### Aim of the task
Below are several records. Retype exactly those lines running from the one with "repository 3944af965bc905f0" through the one with "read from outside.", end lines included, and no others.

++++++++++++++++++++

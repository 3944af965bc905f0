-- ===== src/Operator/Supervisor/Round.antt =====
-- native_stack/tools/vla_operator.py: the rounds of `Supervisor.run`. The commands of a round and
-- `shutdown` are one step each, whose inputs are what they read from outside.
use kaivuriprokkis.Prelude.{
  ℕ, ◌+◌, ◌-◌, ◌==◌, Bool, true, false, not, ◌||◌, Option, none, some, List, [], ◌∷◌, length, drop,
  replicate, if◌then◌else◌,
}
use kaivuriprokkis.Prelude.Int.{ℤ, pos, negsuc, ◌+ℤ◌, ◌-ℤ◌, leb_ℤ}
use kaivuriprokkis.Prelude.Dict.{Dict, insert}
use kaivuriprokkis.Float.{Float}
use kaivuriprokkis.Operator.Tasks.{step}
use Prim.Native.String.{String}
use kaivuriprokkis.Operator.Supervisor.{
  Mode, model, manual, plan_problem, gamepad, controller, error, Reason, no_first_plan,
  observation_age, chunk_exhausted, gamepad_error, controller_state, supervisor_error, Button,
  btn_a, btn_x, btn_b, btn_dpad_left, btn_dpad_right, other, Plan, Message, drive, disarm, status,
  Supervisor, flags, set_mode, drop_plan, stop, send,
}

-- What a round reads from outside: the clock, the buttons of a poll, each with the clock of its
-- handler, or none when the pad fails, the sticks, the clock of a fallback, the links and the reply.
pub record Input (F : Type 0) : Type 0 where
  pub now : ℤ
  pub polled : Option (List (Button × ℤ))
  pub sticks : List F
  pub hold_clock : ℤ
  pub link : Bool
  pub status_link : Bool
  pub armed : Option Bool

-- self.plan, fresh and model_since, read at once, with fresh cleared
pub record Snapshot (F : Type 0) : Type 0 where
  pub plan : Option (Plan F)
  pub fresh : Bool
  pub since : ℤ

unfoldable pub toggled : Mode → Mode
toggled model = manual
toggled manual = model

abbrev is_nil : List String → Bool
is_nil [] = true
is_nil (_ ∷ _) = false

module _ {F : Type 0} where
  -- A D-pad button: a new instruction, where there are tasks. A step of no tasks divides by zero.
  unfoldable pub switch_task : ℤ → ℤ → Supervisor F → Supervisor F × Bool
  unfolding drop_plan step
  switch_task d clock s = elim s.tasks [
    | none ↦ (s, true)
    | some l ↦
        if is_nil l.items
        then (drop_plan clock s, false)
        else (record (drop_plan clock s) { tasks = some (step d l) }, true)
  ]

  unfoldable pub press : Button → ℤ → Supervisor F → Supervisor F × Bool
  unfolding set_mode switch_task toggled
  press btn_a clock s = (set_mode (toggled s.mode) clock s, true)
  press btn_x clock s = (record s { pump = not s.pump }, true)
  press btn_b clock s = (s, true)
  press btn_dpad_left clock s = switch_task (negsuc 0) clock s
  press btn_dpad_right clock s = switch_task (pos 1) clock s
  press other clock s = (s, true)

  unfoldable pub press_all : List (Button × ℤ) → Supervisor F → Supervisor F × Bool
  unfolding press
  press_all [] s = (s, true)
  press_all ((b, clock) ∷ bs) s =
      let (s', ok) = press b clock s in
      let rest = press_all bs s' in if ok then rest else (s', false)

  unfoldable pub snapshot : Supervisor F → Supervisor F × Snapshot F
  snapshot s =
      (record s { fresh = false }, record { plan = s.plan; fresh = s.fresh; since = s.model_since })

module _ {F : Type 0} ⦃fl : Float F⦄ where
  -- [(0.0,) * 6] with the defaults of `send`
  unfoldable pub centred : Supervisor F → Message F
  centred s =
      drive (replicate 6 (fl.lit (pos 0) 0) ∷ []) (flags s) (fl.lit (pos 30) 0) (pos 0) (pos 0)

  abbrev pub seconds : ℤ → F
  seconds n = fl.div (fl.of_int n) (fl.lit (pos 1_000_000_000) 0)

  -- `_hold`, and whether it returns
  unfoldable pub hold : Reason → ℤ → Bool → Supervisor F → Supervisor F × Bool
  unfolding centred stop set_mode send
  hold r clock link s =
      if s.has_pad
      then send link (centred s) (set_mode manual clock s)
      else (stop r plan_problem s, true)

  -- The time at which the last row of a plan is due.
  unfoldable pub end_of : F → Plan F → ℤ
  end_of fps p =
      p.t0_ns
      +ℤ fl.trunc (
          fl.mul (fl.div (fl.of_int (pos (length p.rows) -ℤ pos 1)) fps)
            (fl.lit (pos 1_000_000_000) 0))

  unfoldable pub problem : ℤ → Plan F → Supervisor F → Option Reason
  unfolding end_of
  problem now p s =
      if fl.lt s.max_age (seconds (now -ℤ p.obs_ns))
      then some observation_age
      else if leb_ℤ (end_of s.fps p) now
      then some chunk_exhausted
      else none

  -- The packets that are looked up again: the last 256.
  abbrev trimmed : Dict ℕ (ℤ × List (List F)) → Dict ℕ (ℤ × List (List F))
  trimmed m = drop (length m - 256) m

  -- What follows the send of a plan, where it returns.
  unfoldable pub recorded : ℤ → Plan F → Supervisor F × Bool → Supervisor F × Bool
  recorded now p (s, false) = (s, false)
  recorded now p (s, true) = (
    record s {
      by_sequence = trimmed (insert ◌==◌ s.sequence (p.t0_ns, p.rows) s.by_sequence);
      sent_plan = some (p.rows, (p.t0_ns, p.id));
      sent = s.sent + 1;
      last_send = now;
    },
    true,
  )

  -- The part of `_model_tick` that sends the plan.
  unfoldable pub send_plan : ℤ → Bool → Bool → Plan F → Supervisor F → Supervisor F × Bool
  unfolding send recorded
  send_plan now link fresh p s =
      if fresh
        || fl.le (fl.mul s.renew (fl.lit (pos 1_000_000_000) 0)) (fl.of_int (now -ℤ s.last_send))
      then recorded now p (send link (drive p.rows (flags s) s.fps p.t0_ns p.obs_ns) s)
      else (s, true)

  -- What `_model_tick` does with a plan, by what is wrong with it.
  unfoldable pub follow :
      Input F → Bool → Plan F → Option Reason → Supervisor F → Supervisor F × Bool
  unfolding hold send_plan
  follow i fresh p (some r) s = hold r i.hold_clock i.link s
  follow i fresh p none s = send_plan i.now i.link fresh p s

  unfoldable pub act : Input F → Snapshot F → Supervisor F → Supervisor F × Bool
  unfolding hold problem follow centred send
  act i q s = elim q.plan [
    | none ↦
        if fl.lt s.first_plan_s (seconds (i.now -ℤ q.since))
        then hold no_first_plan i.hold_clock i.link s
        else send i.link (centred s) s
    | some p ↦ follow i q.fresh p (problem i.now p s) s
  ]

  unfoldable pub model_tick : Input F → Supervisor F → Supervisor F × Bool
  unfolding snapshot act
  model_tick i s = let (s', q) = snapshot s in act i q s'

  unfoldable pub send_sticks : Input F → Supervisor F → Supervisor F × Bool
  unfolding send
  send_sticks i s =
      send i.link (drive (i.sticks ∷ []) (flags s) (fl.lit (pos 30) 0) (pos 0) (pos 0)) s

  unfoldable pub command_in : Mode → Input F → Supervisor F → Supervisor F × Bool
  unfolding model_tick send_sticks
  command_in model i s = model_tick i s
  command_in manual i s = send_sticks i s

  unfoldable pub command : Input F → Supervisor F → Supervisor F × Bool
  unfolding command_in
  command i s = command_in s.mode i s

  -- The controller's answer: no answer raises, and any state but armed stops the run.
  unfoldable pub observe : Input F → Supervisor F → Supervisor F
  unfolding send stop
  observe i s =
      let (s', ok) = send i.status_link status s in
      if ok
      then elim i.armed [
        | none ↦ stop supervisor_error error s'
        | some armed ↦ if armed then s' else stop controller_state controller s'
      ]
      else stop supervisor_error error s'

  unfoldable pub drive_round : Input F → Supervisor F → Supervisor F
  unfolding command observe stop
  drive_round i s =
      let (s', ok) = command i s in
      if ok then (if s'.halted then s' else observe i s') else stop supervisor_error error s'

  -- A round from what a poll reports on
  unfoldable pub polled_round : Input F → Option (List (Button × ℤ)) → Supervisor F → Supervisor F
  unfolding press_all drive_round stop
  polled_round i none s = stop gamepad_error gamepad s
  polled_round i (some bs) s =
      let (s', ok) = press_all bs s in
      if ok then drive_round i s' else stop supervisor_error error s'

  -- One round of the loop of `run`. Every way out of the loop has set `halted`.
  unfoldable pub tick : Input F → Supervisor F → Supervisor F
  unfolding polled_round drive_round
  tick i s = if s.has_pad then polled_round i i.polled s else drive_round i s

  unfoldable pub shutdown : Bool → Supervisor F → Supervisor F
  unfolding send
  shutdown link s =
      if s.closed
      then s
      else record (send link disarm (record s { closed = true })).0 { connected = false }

++++++++++++++++++++

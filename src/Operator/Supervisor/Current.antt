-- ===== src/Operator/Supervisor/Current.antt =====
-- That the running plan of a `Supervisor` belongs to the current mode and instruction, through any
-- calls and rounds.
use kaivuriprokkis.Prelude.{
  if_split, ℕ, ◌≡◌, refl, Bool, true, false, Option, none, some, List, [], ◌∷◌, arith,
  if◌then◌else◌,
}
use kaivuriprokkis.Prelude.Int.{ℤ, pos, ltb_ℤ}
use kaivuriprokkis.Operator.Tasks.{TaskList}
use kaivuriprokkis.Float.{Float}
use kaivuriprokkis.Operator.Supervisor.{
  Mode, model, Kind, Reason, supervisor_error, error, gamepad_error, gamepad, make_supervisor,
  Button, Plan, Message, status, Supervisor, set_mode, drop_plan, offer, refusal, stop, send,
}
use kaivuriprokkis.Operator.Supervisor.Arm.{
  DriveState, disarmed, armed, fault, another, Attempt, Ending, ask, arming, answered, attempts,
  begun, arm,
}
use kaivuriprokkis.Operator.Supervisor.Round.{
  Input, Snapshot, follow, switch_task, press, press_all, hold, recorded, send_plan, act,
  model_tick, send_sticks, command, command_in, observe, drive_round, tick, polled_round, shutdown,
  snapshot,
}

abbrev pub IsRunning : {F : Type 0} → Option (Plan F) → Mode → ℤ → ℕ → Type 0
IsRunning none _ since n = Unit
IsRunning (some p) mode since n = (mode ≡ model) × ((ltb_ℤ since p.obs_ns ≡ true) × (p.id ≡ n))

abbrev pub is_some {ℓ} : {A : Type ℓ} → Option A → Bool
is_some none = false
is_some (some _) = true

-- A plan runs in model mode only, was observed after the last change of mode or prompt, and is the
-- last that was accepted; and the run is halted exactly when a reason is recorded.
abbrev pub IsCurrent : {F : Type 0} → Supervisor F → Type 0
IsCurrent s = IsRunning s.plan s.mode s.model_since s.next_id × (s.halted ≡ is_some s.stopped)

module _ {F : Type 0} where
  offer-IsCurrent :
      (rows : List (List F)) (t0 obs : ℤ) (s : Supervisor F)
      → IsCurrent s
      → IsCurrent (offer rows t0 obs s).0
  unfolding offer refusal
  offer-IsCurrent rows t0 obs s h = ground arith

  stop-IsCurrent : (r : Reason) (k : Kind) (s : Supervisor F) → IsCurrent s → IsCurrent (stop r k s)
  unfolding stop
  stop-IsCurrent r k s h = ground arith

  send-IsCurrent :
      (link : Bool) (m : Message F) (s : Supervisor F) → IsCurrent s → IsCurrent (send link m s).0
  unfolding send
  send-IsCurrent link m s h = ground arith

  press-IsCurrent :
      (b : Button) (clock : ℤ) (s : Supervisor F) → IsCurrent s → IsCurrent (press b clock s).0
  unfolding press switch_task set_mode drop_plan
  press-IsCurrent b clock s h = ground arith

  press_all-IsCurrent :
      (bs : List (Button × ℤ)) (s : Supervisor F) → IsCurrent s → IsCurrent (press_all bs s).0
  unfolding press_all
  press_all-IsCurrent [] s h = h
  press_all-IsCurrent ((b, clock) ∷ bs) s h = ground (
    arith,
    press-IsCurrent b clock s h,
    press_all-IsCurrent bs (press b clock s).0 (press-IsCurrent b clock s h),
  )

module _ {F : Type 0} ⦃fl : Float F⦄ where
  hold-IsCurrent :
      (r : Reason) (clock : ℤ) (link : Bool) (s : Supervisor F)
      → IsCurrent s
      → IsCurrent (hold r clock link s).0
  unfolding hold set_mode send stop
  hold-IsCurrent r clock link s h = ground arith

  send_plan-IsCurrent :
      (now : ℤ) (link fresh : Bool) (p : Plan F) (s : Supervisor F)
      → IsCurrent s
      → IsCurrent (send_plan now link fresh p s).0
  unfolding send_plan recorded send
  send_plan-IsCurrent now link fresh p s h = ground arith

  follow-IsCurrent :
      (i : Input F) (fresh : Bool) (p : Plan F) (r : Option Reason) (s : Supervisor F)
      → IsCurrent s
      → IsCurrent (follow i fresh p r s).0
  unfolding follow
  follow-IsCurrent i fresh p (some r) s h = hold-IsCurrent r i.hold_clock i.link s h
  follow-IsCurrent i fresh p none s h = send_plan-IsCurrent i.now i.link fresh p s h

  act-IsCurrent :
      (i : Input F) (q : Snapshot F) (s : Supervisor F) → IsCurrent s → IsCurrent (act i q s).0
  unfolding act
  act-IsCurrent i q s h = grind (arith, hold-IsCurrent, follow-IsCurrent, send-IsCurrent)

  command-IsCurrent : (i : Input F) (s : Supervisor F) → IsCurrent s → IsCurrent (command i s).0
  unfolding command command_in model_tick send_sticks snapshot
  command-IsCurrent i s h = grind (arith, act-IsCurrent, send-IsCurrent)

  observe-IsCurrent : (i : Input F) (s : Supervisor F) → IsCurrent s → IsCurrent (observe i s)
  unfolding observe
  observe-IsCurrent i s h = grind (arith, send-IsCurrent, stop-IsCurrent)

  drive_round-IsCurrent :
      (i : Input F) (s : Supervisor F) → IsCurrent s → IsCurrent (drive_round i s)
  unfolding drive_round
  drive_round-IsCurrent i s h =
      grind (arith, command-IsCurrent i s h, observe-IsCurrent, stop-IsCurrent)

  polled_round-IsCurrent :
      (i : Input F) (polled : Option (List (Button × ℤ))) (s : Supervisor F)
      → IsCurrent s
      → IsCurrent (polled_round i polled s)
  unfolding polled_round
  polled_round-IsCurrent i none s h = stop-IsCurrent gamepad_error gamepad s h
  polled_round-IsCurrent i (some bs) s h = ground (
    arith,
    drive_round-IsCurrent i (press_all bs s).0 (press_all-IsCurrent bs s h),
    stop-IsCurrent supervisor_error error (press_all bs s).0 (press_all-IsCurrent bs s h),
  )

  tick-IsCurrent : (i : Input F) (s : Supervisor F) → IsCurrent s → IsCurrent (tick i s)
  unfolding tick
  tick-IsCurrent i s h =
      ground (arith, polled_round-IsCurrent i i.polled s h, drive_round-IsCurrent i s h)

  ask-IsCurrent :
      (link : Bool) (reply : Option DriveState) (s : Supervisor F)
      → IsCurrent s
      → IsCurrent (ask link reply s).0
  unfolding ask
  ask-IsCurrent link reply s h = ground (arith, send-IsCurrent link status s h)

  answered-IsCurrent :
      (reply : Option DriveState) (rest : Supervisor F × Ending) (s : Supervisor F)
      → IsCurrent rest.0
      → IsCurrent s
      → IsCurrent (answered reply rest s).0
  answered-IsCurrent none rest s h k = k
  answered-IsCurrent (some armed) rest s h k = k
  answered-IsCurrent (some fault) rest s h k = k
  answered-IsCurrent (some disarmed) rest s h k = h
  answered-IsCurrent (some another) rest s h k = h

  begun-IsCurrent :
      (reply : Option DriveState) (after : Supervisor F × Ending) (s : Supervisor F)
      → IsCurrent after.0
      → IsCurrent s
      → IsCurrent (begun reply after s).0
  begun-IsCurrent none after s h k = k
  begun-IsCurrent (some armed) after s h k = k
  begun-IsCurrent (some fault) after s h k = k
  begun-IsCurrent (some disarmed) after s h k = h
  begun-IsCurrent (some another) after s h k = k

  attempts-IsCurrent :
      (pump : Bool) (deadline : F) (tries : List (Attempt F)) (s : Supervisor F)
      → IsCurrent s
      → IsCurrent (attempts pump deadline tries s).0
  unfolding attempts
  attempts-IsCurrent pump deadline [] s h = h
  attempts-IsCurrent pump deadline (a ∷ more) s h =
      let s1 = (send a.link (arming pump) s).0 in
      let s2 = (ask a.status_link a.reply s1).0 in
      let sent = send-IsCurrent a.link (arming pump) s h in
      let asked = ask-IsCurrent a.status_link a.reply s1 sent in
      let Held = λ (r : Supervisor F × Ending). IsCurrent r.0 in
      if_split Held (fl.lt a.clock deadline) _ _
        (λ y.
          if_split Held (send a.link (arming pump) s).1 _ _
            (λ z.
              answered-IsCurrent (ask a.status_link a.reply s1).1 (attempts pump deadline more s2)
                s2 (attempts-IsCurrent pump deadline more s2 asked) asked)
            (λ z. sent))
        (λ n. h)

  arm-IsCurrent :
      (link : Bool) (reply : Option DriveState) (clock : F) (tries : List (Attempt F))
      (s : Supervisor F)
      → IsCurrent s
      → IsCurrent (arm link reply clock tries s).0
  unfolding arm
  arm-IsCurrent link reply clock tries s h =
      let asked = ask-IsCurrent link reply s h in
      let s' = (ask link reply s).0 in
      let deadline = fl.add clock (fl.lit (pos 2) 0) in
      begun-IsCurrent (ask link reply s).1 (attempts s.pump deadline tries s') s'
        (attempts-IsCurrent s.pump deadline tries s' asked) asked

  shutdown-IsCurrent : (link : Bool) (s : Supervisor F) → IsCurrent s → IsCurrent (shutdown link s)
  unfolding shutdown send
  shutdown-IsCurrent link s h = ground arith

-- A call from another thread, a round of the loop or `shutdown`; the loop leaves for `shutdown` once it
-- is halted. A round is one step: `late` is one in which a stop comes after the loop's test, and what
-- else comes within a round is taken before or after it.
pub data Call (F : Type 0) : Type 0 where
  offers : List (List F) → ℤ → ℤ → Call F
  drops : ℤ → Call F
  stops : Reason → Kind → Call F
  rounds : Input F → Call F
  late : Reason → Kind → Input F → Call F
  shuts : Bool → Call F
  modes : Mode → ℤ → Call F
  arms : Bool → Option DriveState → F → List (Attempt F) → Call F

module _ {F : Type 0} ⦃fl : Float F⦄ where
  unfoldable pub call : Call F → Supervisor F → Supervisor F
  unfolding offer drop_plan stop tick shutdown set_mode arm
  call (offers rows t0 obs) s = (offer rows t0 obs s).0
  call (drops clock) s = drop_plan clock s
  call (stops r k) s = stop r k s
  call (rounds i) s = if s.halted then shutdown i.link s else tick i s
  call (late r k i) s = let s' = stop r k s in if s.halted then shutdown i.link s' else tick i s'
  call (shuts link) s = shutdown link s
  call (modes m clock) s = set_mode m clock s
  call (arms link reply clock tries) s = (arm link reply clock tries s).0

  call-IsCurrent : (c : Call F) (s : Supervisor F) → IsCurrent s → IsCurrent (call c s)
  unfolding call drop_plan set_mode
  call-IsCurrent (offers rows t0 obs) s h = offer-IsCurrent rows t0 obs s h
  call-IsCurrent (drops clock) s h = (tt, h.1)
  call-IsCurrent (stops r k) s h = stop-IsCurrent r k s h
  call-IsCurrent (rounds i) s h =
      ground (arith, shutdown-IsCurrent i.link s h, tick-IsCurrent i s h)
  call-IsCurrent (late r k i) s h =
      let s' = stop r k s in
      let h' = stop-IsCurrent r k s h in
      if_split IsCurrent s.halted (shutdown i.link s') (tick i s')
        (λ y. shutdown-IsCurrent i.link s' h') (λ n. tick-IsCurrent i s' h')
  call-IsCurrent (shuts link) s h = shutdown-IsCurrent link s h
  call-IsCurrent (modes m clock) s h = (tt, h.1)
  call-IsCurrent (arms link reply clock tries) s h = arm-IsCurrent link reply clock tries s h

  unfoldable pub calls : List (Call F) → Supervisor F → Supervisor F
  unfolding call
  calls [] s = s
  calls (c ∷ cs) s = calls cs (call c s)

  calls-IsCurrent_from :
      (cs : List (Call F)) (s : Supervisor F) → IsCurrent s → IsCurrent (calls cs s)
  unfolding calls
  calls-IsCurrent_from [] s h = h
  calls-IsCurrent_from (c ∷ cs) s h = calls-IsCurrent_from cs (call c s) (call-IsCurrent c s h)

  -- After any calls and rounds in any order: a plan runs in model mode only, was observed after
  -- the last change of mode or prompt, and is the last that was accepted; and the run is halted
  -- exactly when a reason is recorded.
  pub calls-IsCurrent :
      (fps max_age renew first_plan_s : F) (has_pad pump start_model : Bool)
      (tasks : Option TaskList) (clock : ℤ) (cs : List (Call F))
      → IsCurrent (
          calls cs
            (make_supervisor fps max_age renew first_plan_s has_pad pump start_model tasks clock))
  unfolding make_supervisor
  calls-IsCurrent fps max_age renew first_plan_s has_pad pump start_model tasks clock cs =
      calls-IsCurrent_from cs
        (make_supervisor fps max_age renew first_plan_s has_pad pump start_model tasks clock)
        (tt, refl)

++++++++++++++++++++

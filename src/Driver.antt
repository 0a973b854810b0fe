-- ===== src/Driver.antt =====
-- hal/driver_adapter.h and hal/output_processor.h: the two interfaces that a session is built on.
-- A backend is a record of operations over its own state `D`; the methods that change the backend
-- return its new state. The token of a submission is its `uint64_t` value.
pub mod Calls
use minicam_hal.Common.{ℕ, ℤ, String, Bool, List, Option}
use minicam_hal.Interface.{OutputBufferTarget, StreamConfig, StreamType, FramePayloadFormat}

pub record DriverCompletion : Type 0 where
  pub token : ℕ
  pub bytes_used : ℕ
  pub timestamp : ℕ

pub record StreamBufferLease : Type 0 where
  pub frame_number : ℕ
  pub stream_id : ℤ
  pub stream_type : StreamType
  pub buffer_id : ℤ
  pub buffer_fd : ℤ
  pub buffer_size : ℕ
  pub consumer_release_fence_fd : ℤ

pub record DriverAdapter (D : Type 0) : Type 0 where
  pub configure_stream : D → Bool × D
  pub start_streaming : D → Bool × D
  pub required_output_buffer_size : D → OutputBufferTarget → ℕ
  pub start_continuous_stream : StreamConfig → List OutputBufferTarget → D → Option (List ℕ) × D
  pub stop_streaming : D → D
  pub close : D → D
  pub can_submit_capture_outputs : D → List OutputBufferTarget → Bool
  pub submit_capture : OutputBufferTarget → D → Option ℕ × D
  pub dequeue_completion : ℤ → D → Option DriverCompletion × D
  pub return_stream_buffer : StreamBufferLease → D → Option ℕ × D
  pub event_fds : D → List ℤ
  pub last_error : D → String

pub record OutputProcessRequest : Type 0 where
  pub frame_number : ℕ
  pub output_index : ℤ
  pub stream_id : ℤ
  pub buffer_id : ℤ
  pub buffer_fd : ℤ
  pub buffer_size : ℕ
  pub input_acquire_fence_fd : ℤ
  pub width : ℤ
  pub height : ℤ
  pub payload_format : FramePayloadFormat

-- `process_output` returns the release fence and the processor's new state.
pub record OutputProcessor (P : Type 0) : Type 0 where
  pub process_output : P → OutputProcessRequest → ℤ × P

++++++++++++++++++++

### Your solution
repository 3944af965bc905f0
-- ===== src/Operator/Supervisor/Round.antt =====
-- native_stack/tools/vla_operator.py: the rounds of `Supervisor.run`. The commands of a round and
-- `shutdown` are one step each, whose inputs are what they read from outside.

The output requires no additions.